In order to use crowd sourced bus tracking data, the group discussed a service architecture to receive the bus tracking coordinates and compare them against the current transit data which Capital Metro provided as GTFS (General Transit File Specification) and as ESRI shape files.  We didn't spend much time discussing this part of the solution and I didn't feel up to the task of setting up a cloud based instance of PostgreSQL and importing the GTFS data into the data base (however, I later proved myself wrong and imported the GTFS data in PostgreSQL and created a sql dump of the database for anyone who wants to use it). For a quick feel good burst of "we're doing something", I uploaded the shape file data to Google Fusion Tables for a quick map. We had five hours to build and demo something at the end of the day.

The group decided to focus on the bus stop application (working title of Bus Time). Naqi Sayed and Kevin Reilly of Hidaya Solutions (@HidayaSolutions) worked on an Android application for determining how many stops away from a rider's current bus stop. With the clock ticking, the group decided that the application would work of just one trip of a single route. My contribution to the group was to rework the GTFS files into a single workable data sets.

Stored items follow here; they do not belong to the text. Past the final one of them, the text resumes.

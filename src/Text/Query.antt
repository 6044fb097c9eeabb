-- ===== src/Text/Query.antt =====
-- url.ParseQuery with Values.Get, and Values.Encode. A Values is the list of its pairs in the order
-- in which they were added.
use simplex_go.Base.{
  ℕ, ◌+◌, ◌-◌, ◌*◌, ◌/◌, ◌%◌, ◌≡◌, refl, ap, ◌∙◌, ◌≢◌, false, ◌&&◌, Option, none, some, List, [],
  ◌∷◌, ◌++◌, map, append-nil, arith, ltb, leb, ◌==◌, if◌then◌else◌, ==_self, All, Bytes, bytes_eq,
  index_byte, All-append,
}
use simplex_go.Text.Plain.{is_unreserved, IsPlain, Lacks-plain}
use simplex_go.Text.Strings.{◌>>?◌, Lacks, cut, cut-append, ne_test, index_byte-lacking}

abbrev pub Values : Type 0
Values = List (Bytes × Bytes)

unfoldable pub unhex : ℕ → Option ℕ
unhex c =
    if leb b'0' c && leb c b'9'
    then some (c - b'0')
    else if leb b'a' c && leb c b'f'
    then some (c - b'a' + 10)
    else if leb b'A' c && leb c b'F'
    then some (c - b'A' + 10)
    else none

abbrev pub unplus : ℕ → ℕ
unplus c = if c == b'+' then b' ' else c

-- url.QueryUnescape
unfoldable pub query_unescape : Bytes → Option Bytes
query_unescape [] = some []
query_unescape (c ∷ []) = if c == b'%' then none else some (unplus c ∷ [])
query_unescape (c ∷ d ∷ []) =
    let rest = query_unescape (d ∷ []) in
    if c == b'%' then none else rest >>? λ bs. some (unplus c ∷ bs)
query_unescape (c ∷ d ∷ e ∷ s) =
    let escaped = query_unescape s in
    let rest = query_unescape (d ∷ e ∷ s) in
    if c == b'%'
    then (unhex d >>? λ hi. unhex e >>? λ lo. escaped >>? λ bs. some ((hi * 16 + lo) ∷ bs))
    else rest >>? λ bs. some (unplus c ∷ bs)

-- The chunks between the bytes c, as the loop of ParseQuery cuts them off.
unfoldable pub split_on : ℕ → Bytes → List Bytes
split_on c [] = [] ∷ []
split_on c (b ∷ bs) =
    let rest = split_on c bs in
    if b == c
    then [] ∷ rest
    else (elim rest [ [] ↦ (b ∷ []) ∷ [] | chunk ∷ more ↦ (b ∷ chunk) ∷ more ])

-- key, value, _ := strings.Cut(chunk, "=")
abbrev pub key_value : Bytes → Option (Bytes × Bytes) → Bytes × Bytes
key_value chunk none = (chunk, [])
key_value chunk (some kv) = kv

unfoldable pub parse_pair : Bytes → Option (Bytes × Bytes)
parse_pair chunk =
    let (key, value) = key_value chunk (cut b'=' chunk) in
    query_unescape key >>? λ k. query_unescape value >>? λ v. some (k, v)

-- An empty chunk is passed over, one with a semicolon is an error.
unfoldable pub parse_pairs : List Bytes → Option Values
parse_pairs [] = some []
parse_pairs (chunk ∷ chunks) =
    let rest = parse_pairs chunks in
    elim (index_byte chunk b';') [
      | some i ↦ none
      | none ↦
          if bytes_eq chunk [] then rest else parse_pair chunk >>? λ kv. rest >>? λ m. some (kv ∷ m)
    ]

unfoldable pub parse_query : Bytes → Option Values
parse_query query = parse_pairs (split_on b'&' query)

-- The first value of the key, empty if there is none.
unfoldable pub get : Bytes → Values → Bytes
get key [] = []
get key ((k, v) ∷ m) = if bytes_eq k key then v else get key m

-- "0123456789ABCDEF"[d]
abbrev pub hex_digit : ℕ → ℕ
hex_digit d = if ltb d 10 then b'0' + d else b'A' + (d - 10)

-- url.QueryEscape
unfoldable pub query_escape : Bytes → Bytes
query_escape [] = []
query_escape (c ∷ s) =
    let rest = query_escape s in
    if is_unreserved c
    then c ∷ rest
    else if c == b' '
    then b'+' ∷ rest
    else b'%' ∷ hex_digit (c / 16) ∷ hex_digit (c % 16) ∷ rest

abbrev pub encode_pair : Bytes × Bytes → Bytes
encode_pair (k, v) = query_escape k ++ (b'=' ∷ query_escape v)

-- Values.Encode, for pairs in the order of their keys: all but the first behind a `&`.
unfoldable pub encode_more : Values → Bytes
encode_more [] = []
encode_more (kv ∷ m) = b'&' ∷ (encode_pair kv ++ encode_more m)

unfoldable pub encode_values : Values → Bytes
unfolding encode_more
encode_values [] = []
encode_values (kv ∷ m) = encode_pair kv ++ encode_more m

query_escape-plain : (s : Bytes) → All IsPlain s → query_escape s ≡ s
unfolding query_escape
query_escape-plain [] h = refl
query_escape-plain (c ∷ s) h = rw (h.0, query_escape-plain s h.1)

plain_byte : (c : ℕ) → IsPlain c → ((c == b'%') ≡ false) × (unplus c ≡ c)
plain_byte c h = (ground arith, ground arith)

query_unescape-plain : (s : Bytes) → All IsPlain s → query_unescape s ≡ some s
unfolding query_unescape
query_unescape-plain [] h = refl
query_unescape-plain (c ∷ []) h = let (p, q) = plain_byte c h.0 in rw (p, q)
query_unescape-plain (c ∷ d ∷ []) h =
    let (p, q) = plain_byte c h.0 in rw (p, q, query_unescape-plain (d ∷ []) h.1)
query_unescape-plain (c ∷ d ∷ e ∷ s) h =
    let (p, q) = plain_byte c h.0 in rw (p, q, query_unescape-plain (d ∷ e ∷ s) h.1)

split_on-last : (c : ℕ) (xs : Bytes) → Lacks c xs → split_on c xs ≡ xs ∷ []
unfolding split_on
split_on-last c [] h = refl
split_on-last c (x ∷ xs) h =
    let differs : (x == c) ≡ false = ne_test x c h.0 in
    rw (differs, split_on-last c xs h.1, split_on)

split_on-append :
    (c : ℕ) (xs ys : Bytes) → Lacks c xs → split_on c (xs ++ (c ∷ ys)) ≡ xs ∷ split_on c ys
unfolding split_on
split_on-append c [] ys h = rw (==_self c)
split_on-append c (x ∷ xs) ys h =
    let differs : (x == c) ≡ false = ne_test x c h.0 in
    rw (differs, split_on-append c xs ys h.1, split_on)

pub bytes_eq-ne_nil : (xs : Bytes) (c : ℕ) (ys : Bytes) → bytes_eq (xs ++ (c ∷ ys)) [] ≡ false
unfolding bytes_eq
bytes_eq-ne_nil [] c ys = refl
bytes_eq-ne_nil (x ∷ xs) c ys = refl

-- The pairs have plain keys and values.
abbrev pub ArePlain : Values → Type 0
ArePlain = All (λ kv. All IsPlain kv.0 × All IsPlain kv.1)

encode_pair-Lacks :
    (c : ℕ) (kv : Bytes × Bytes)
    → is_unreserved c ≡ false
    → b'=' ≢ c
    → All IsPlain kv.0
    → All IsPlain kv.1
    → Lacks c (encode_pair kv)
encode_pair-Lacks c (k, v) h ne pk pv =
    rw (query_escape-plain k pk, query_escape-plain v pv)
      (All-append (λ b. b ≢ c) k _ (Lacks-plain c k h pk) (ne, Lacks-plain c v h pv))

parse_pair-encode :
    (kv : Bytes × Bytes)
    → All IsPlain kv.0
    → All IsPlain kv.1
    → parse_pair (encode_pair kv) ≡ some kv
unfolding parse_pair
parse_pair-encode (k, v) pk pv = rw (
  query_escape-plain k pk,
  query_escape-plain v pv,
  cut-append b'=' k v (Lacks-plain b'=' k refl pk),
  query_unescape-plain k pk,
  query_unescape-plain v pv,
)

parse_pairs-cons :
    (kv : Bytes × Bytes) (chunks : List Bytes) (m : Values)
    → All IsPlain kv.0 × All IsPlain kv.1
    → parse_pairs chunks ≡ some m
    → parse_pairs (encode_pair kv ∷ chunks) ≡ some (kv ∷ m)
unfolding parse_pairs
parse_pairs-cons kv chunks m h e =
    let no_semicolon : index_byte (encode_pair kv) b';' ≡ none =
      index_byte-lacking b';' _ (encode_pair-Lacks b';' kv refl (λ p. cc p) h.0 h.1) in
    let not_empty = bytes_eq-ne_nil (query_escape kv.0) b'=' (query_escape kv.1) in
    rw (no_semicolon, not_empty, parse_pair-encode kv h.0 h.1, e, parse_pairs)

parse_pairs-nil : parse_pairs [] ≡ some []
unfolding parse_pairs
parse_pairs-nil = refl

encode_pair-no_amp :
    (kv : Bytes × Bytes) (m : Values) → ArePlain (kv ∷ m) → Lacks b'&' (encode_pair kv)
encode_pair-no_amp kv m h = encode_pair-Lacks b'&' kv refl (λ p. cc p) h.0.0 h.0.1

split_on-encode_more :
    (kv : Bytes × Bytes) (m : Values)
    → ArePlain (kv ∷ m)
    → split_on b'&' (encode_pair kv ++ encode_more m) ≡ map encode_pair (kv ∷ m)
unfolding encode_more
split_on-encode_more kv [] h =
    rw (append-nil (encode_pair kv))
      (split_on-last b'&' (encode_pair kv) (encode_pair-no_amp kv [] h))
split_on-encode_more kv (kv' ∷ m) h =
    split_on-append b'&' (encode_pair kv) (encode_pair kv' ++ encode_more m)
      (encode_pair-no_amp kv (kv' ∷ m) h)
    ∙ ap (◌∷◌ (encode_pair kv)) (split_on-encode_more kv' m h.1)

parse_pairs-map : (m : Values) → ArePlain m → parse_pairs (map encode_pair m) ≡ some m
parse_pairs-map [] h = parse_pairs-nil
parse_pairs-map (kv ∷ m) h = parse_pairs-cons kv _ m h.0 (parse_pairs-map m h.1)

-- ParseQuery reads back what Encode wrote of one or more pairs that need no escapes.
pub parse_query-encode_values :
    (kv : Bytes × Bytes) (m : Values)
    → ArePlain (kv ∷ m)
    → parse_query (encode_values (kv ∷ m)) ≡ some (kv ∷ m)
unfolding parse_query encode_values
parse_query-encode_values kv m h =
    ap parse_pairs (split_on-encode_more kv m h) ∙ parse_pairs-map (kv ∷ m) h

The GTFS data consisted of the following files

agency.txt
amenities.txt
calendar.txt
calendar_dates.txt
fare_attributes.txt
fare_rules.txt
routes.txt
shapes.txt
stop_times.txt
stops.txt
trips.txt
Using the GTFS Reference, I was able to decode how to get from a route to a list of stops. In our case, we picked a route and a trip on that routed, we then needed to find the stops for that trip. Since stops are sequential we just needed a sorted list of stops of the application.

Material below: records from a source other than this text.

-- ===== src/Address.antt =====
-- smp/queue_uri.go: the address of a queue, ParseSMPQueueURI and its helpers, and String. Every error
-- of the parser is behind ErrBadQueueURI: a helper's error is `none`, and its text is left out.
pub mod Printed
pub mod Accepted
use simplex_go.Base.{
  ℕ, ◌&&◌, Option, none, some, [], ◌∷◌, ◌++◌, ltb, leb, ◌==◌, if◌then◌else◌, length, drop, Bytes,
  codes, bytes_eq, has_prefix, Result, bad_queue_uri, sentinel, ok, err,
}
use simplex_go.Dial.{x25519_key_size}
use simplex_go.Handshake.{VersionRange}
use simplex_go.Text.Strings.{◌>>?◌, cut, cut_last, trim_prefix, trim_suffix}
use simplex_go.Text.Numbers.{parse_uint16, decimal}
use simplex_go.Text.Base64
use simplex_go.Text.Query.{Values, parse_query, get, encode_values}

pub record SmpQueueUri : Type 0 where
  pub server_fingerprint : Bytes
  pub host : Bytes
  pub port : ℕ
  pub sender_id : Bytes
  pub client_vrange : VersionRange
  pub dh_pub_key : Bytes

abbrev pub default_port : ℕ
default_port = 5223

abbrev pub scheme : Bytes
scheme = codes "smp://"

unfoldable pub parse_port_suffix : Bytes → Option ℕ
parse_port_suffix s =
    if bytes_eq s []
    then some default_port
    else if has_prefix s (codes ":")
    then parse_uint16 (drop 1 s)
    else none

-- The host and the port.
unfoldable pub parse_host_port : Bytes → Option (Bytes × ℕ)
parse_host_port s =
    if has_prefix s (codes "[")
    then (cut b']' s >>? λ (up_to, rest).
        parse_port_suffix rest >>? λ port. some (drop 1 up_to, port))
    else (elim (cut_last b':' s) [
      | none ↦ some (s, default_port)
      | some (host, port_str) ↦ parse_uint16 port_str >>? λ port. some (host, port)
    ])

unfoldable pub parse_version_range : Bytes → Option VersionRange
parse_version_range s = elim (cut b'-' s) [
  | none ↦ parse_uint16 s >>? λ v. some (record { min = v; max = v })
  | some (min_str, max_str) ↦ parse_uint16 min_str >>? λ min_v. parse_uint16 max_str >>? λ max_v.
      if ltb max_v min_v then none else some (record { min = min_v; max = max_v })
]

-- The texts of the parts: fingerprint, host and port, sender id, and the query of the fragment.
pub record Parts : Type 0 where
  pub fp_str : Bytes
  pub host_port_str : Bytes
  pub sid_str : Bytes
  pub frag : Bytes

unfoldable pub split_uri : Bytes → Option Parts
split_uri s =
    if has_prefix s scheme
    then (cut b'#' (drop (length scheme) s) >>? λ (auth_path, frag).
        cut b'@' auth_path >>? λ (fp_str, host_path).
        cut b'/' host_path >>? λ (host_port_str, sid_str). some (record {
          fp_str = fp_str;
          host_port_str = host_port_str;
          sid_str = trim_suffix sid_str b'/';
          frag = trim_prefix (trim_prefix frag (codes "/")) (codes "?");
        }))
    else none

-- base64.RawURLEncoding.DecodeString with the check of the length that follows it.
unfoldable pub decode_sized : (lo hi : ℕ) → Bytes → Option Bytes
decode_sized lo hi s =
    Base64.decode s >>? λ bs. if leb lo (length bs) && leb (length bs) hi then some bs else none

-- q.Get(key), which must not be empty.
unfoldable pub get_param : Bytes → Values → Option Bytes
get_param key q = let value = get key q in if bytes_eq value [] then none else some value

unfoldable pub parse_parts : Parts → Option SmpQueueUri
parse_parts parts = decode_sized 32 32 parts.fp_str >>? λ fp.
    parse_host_port parts.host_port_str >>? λ (host, port).
    decode_sized 16 24 parts.sid_str >>? λ sid. parse_query parts.frag >>? λ q.
    get_param (codes "v") q >>? λ vr_str. parse_version_range vr_str >>? λ vr.
    get_param (codes "dh") q >>? λ dh_str.
    decode_sized x25519_key_size x25519_key_size dh_str >>? λ dh. some (record {
      server_fingerprint = fp;
      host = host;
      port = port;
      sender_id = sid;
      client_vrange = vr;
      dh_pub_key = dh;
    })

abbrev pub or_bad_uri : Option SmpQueueUri → Result SmpQueueUri
or_bad_uri none = err (sentinel bad_queue_uri)
or_bad_uri (some u) = ok u

unfoldable pub parse_smp_queue_uri : Bytes → Result SmpQueueUri
parse_smp_queue_uri s = or_bad_uri (split_uri s >>? parse_parts)

abbrev pub version_range_string : VersionRange → Bytes
version_range_string r = decimal r.min ++ (b'-' ∷ decimal r.max)

-- The values q of String: Encode puts the key dh before v.
abbrev pub uri_values : SmpQueueUri → Values
uri_values u =
    (codes "dh", Base64.encode u.dh_pub_key)
    ∷ (codes "v", version_range_string u.client_vrange)
    ∷ []

abbrev pub printed_port : ℕ → ℕ
printed_port port = if port == 0 then default_port else port

unfoldable pub to_string : SmpQueueUri → Bytes
to_string u =
    scheme
    ++ (Base64.encode u.server_fingerprint
        ++ (b'@'
            ∷ (u.host
                ++ (b':'
                    ∷ (decimal (printed_port u.port)
                        ++ (b'/'
                            ∷ (Base64.encode u.sender_id
                                ++ (codes "#/?" ++ encode_values (uri_values u)))))))))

To get the list of stops, I went through the GTFS Reference to find the keys that would allow me to associated stops with a specific trip. The joins between the data tables looked like this.


  1. Routes are comprised of trips (northbound, southbound, and time). Select a route from routes.txt, then select a trip by the route_id.
  2. A single trip list stop_times. Select stop_times by trip_id.
  3. Stop_times are related to stops by stop_id in the stops.txt file. Select the the stops using the stop_id.
I produced a csv file that was an ordered list of the stops for the application using a combination of sed/grep/awk/bash/ruby scripting. It wasn't pretty but in worked under our time constraint.

Naqi already had the barebones of an Android app with geolocation so he incorporated the data into the app. I did not work on the app but I think it worked this way:
  • the app determined the location of the rider via WiFi location or GPS and choose the closest stop
  • the bus position feed was simulated and was snapped to the closest stop
  • the app compared the rider's stop to the bus' stop, since it was an ordered list it was matter of counting the between the two stops
In Lean Startup speak, the minimum viable product (MVP) was this application.


To me, it was amazing that a group of people who had just met could hammer out an application in six hours. Everyone brought something to the table that contributed to the overall goal. I learned lots of new things from other folks and also some technical lessons along the way, such as importing GTFS data into a database using these scripts

We did what we did because we had to explore a problem, generate solutions, and implement one of then in six hours. Now that I've had a little more time to think about it, I think we could vastly improve the application by importing the GTFS data into Sqlite and using it directly in the application. The application would then have every route, trip, fares, and amenities available. The application could then just subscribe to real-time transit feed without having to deploy application back end. Additionally, we could revisit the QR code idea. Instead of riders with a crowd sourcing app, the QR code would be on the bus and the reader would be at each stop, as buses load and unload passengers the QR code reader could send the bus information to the real-time transit feed.

As you can see the ideas keep flowing, but it's important to remember that creating a mobile application would have been impossible with open data in the form of GTFS.